One of the effective risk assessment methods that examines probable failures in order to prevent them is traditional FMECA. However, conducting classic FMECA only has a few drawbacks. The list of these negatives is shown below.
a. Duplicate RPNs
While different O, S, and D rank combinations may provide exactly the same RPN number, their hidden risk implications may vary. RPN values 270, 210, and 168, for instance, can be found in twelve different O, S, and D combinations. Similar rank and RPN values for several clusters may not necessarily reflect the same level of danger. Wasted time and resources may result from this, and in some situations, high-risk failure modes might go undiscovered.
b. Gaps in the range
The majority of values between 1 and 1000 cannot be formed, hence the RPN values produced by multiplying O, S, and D are not continuous. Only 120 out of 1,000 are RPN numbers, meaning that 88% of the range is unfilled. Therefore, RPN cannot display any integers that are multiples of 11. The multiples of 13, 17, and 19 are likewise disregarded. Following 1000, 900 is the biggest RPN value, followed by 810 and 800.
c. Lacks scientific base
The mathematical computation for obtaining RPN is debated as it lacks a complete scientific basis. There is no justification for multiplying the O, S, and D parameters to produce the RPN.
d. Uncertain information
It is challenging to assess the three risk variables O, S, and D properly. The majority of the data in FMECA is frequently ambiguous or questionable. For accurate assessment, language phrases like "medium," "many," or "very high" might be employed.
Applying fuzzy logic can be highly advantageous in addressing the limitations of conventional FMECA methods. The inherent uncertainty involved in the decision-making process may be successfully described by using fuzzy theories. This method helps to eliminate the ambiguity and uncertainty seen in conventional FMECA. Fuzzy logic was suggested by Bowles J. B. et al. [9] as a method for rating the failure scenarios in FMECA. Based on the RPNs acquired through FMECA, Feliks and Bukowski [10] devised a fuzzy logic approach to evaluate the risk in a system. The fuzzy logic-based FMECA methodology may be streamlined by Lim and Tay [11] by reducing the number of rules needed to achieve F-RPN. Chin et al. [12] suggested employing fuzzy FMEA to assess the idea of product development. Using a fuzzy logic model, Liu and Tsai [13] created preventative strategies for workplace risks in the construction sector. Albeanu G. et al. [14] developed a methodology using intuitionistic-fuzzy numbers to assess the reliability of wind turbine. Gajanand.

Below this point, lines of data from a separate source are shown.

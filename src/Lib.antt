-- ===== src/Lib.antt =====
-- The core of the Fiwix kernel (the arm64 port's tree), as pure functions over explicit state, with
-- the theorems that make them correct.
--
-- The parts and how they meet. A process is a record of the fields of `struct proc` that the system
-- calls below read and write (Process, for include/fiwix/process.h, signal.h and sched.h). The
-- identity calls change its IDs (Cred, Groups); the IDs decide who may signal whom and who may use
-- an IPC object (Signal, Ipc). `send_sig` posts signals, `issig` picks the one to act on before a
-- process returns to user mode, and the mask calls say which ones wait. A pipe blocks its readers
-- and writers in `sleep`, which a signal ends; so does a semaphore operation. The character queues
-- stand between the ttys and their drivers, and the byte routines below all of them. `sleep` and
-- `wakeup` work on the sleep queues (Sleep), with which resources are locked; callouts run functions
-- at a later tick (Callout). Message queues (Msg) stand beside the semaphores. Descriptors lead to
-- open files (Fd), and a file may be locked (Lock) until its last descriptor is closed. Process
-- groups and sessions (Session) say which processes a signal to a group reaches. The timer interrupt
-- (Timer) counts down the timers and timeouts of processes, nanosleep's among them, and charges its
-- ticks to the process that runs, whose time is limited like its descriptors (Limits).
--
-- Which file models which part:
--   Base      shared: Boolean tests, arrays and lists over the native numbers, 32-bit masks and
--             16-bit words, signed integers, memory as a function, error numbers
--             (include/fiwix/errno.h) and results.
--   Process   include/fiwix/process.h: the process record; Process.Sample has example processes.
--   Cred      kernel/syscalls/setuid.c, setgid.c, setreuid.c, setregid.c, umask.c.
--   Groups    kernel/syscalls/setgroups.c, getgroups.c.
--   Signal    kernel/signal.c: can_signal, send_sig (its stages are `discard`, `force_fault`,
--             `dispose` and `post`), with runnable and wakeup_proc of kernel/sleep.c; Signal.Issig:
--             issig; Signal.Kill: kill_pid, kill_pgrp and kernel/syscalls/kill.c; Signal.Reap: the
--             part of kernel/syscalls/wait4.c with which send_sig reaps children; Signal.Mask:
--             kernel/syscalls/sigprocmask.c, sgetmask.c, ssetmask.c, sigpending.c, sigaction.c and
--             signal.c.
--   Pipe      fs/pipefs/pipe.c: pipefs_read, pipefs_write, pipefs_close, pipefs_select. One turn of
--             a loop is `read_turn` or `write_turn`. Window and Fifo say what bytes a pipe holds,
--             Valid how its offsets belong together, Transfer and Receive what a call moves,
--             Total that calls end, Blocking when they do not go on.
--   Charq     drivers/char/charq.c: every operation on a queue and on the pool of blocks.
--   Ipc       kernel/syscalls/ipc.c: ipc_has_perms.
--   Sem       kernel/syscalls/semget.c: the pools; Sem.Semget: sys_semget; of
--             kernel/syscalls/semop.c, Sem.Pass has one pass through the operations with
--             semundo_ops, and Sem.Semop the call around it; Sem.Semctl: semctl.c.
--   Strings   lib/strings.c: comparing, copying, joining and filling.
--   Callout   kernel/timer.c: the table of callouts, from add_callout and del_callout to the part of
--             irq_timer_bh that counts down and do_callouts_bh; Callout.Schedule is the abstract
--             schedule, Insert and Fire refine it.
--   Timer     kernel/timer.c: interval timers, with kernel/syscalls/setitimer.c, getitimer.c and
--             alarm.c, the accounting of irq_timer_bh, and mktime; Timer.Periods, Accounting and
--             Calendar have their theorems. Timer.Nanosleep: kernel/syscalls/nanosleep.c, and
--             Timer.Sleeping how long it sleeps.
--   Limits    kernel/syscalls/setrlimit.c and getrlimit.c; Limits.Lower says what calls can do.
--   Msg       kernel/syscalls/msgget.c: the pools and sys_msgget; Msg.Send: msgsnd.c; Msg.Receive:
--             msgrcv.c; Msg.Control: msgctl.c. Msg.Queue is the abstract queue, a list of messages;
--             Relink, Append and Typed have the lemmas on links, Fifo, Take, Refine and Remove the
--             calls.
--   Lock      fs/locks.c: flock_inode, posix_lock and flock_release_inode.
--   Fd        fs/fd.c with kernel/syscalls/dup.c, dup2.c, close.c, fcntl.c and flock.c; Fd.Seek:
--             lseek.c, read.c and write.c; Fd.Position says what they check; Fd.Counts
--             counts the references to an open file. A close gives up the locks of Lock.
--   Session   kernel/syscalls/setpgid.c, setsid.c, getpgid.c, getpgrp.c, getsid.c, and the permissions
--             of files in kernel/syscalls.c.
--   Sleep     kernel/sleep.c: run queue, hash chains, resources and areas; Sleep.Resource has the
--             processes that contend for a resource as a step relation.
--
-- How the code is read. A pointer into a pool is an index of the pool, and a chain of pointers the
-- list of its elements; only the undo entries of a semaphore set and the messages of a queue keep
-- their links. A user's buffer is a function from offsets to bytes, and what `check_user_area` and
-- `kmalloc` answer is an argument. An error return is `fail` with the error's name.
-- Unsigned words and short integers are numbers with their wrap-around written out; a short int is
-- its 16-bit pattern, compared by its value moved by 2^15. Where a call sleeps, what others do
-- meanwhile is an argument: the list of the states that its sleeps leave, each with whether a signal
-- ended it; a call whose list is used up still sleeps. Interrupt flags are left out,
-- and so are `lock_resource` and `wakeup` where they are called: Sleep models what they do. In sys_semop and sys_semctl a
-- NULL `sem_base` is an outcome of its own, since the code would go through it.
--
-- Fuel. A write to a pipe takes one unit for each byte and each sleep and one more, a read two
-- for each sleep and two more: every turn moves a byte, sleeps, or is the last one, and a
-- reader goes round at most once between sleeps. issig goes through at most 31 signals.
-- charq_putchar calls itself at most once, so 2 is enough. A string routine takes one unit for
-- each byte of the string and one for its NUL byte. A chain of undo entries has at most SEMMSL
-- of them, and a chain of messages fewer than 2^16, since `msg_qnum` counts them. A run of the
-- callouts that are due takes one unit for each entry of the chain and one more, while the
-- functions leave the table alone. The reaping of children takes one unit for each process of the
-- table, since none is waited for twice. Loops with a counter, and the loop of sys_semop along its sleeps, recur on the
-- structure and have no fuel. The loop of a table of fixed size has that size.
--
-- Not modelled: booting, traps and interrupts (kernel/*.S, traps.c, irq.c), the scheduler
-- (kernel/sched.c), memory management (mm), the file systems other than the pipe's operations (fs),
-- the drivers other than the character queues (drivers), the network (net), shared memory: they
-- touch hardware, or are yet to come. `psig`, which builds a handler's frame on the user's stack, is
-- left out for the same reason; semexit, which undoes the operations of an exiting process,
-- set_system_time, and the calls that go through the names of files are yet to come.
--
pub mod Base
pub mod Process
pub mod Cred
pub mod Groups
pub mod Signal
pub mod Pipe
pub mod Charq
pub mod Ipc
pub mod Sem
pub mod Strings
pub mod Callout
pub mod Msg
pub mod Lock
pub mod Fd
pub mod Sleep
pub mod Session
pub mod Timer
pub mod Limits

G et al. [15] proposed a study on milling machine using fuzzy logic for reliability-centered maintenance. Renjith V. R. et al. [16] employed the Fuzzy FMECA approach to address the issues in failure mode prioritization of LNG storage facility. Gajanand G and Mishra R.P. [17] analysed the criticality of lathe machine using traditional and fuzzy approaches of FMECA. Dejan V. P. et al. [18] implemented a methodology by interlinking fuzzy sets and statistical methods to analyze the risk level of a system.
The present study extends the application of fuzzy logic to FMECA, specifically focusing on prioritizing failure modes. Fuzzy FMECA offers a superior approach that can produce reliable results, even when faced with limited information, in contrast to traditional FMECA.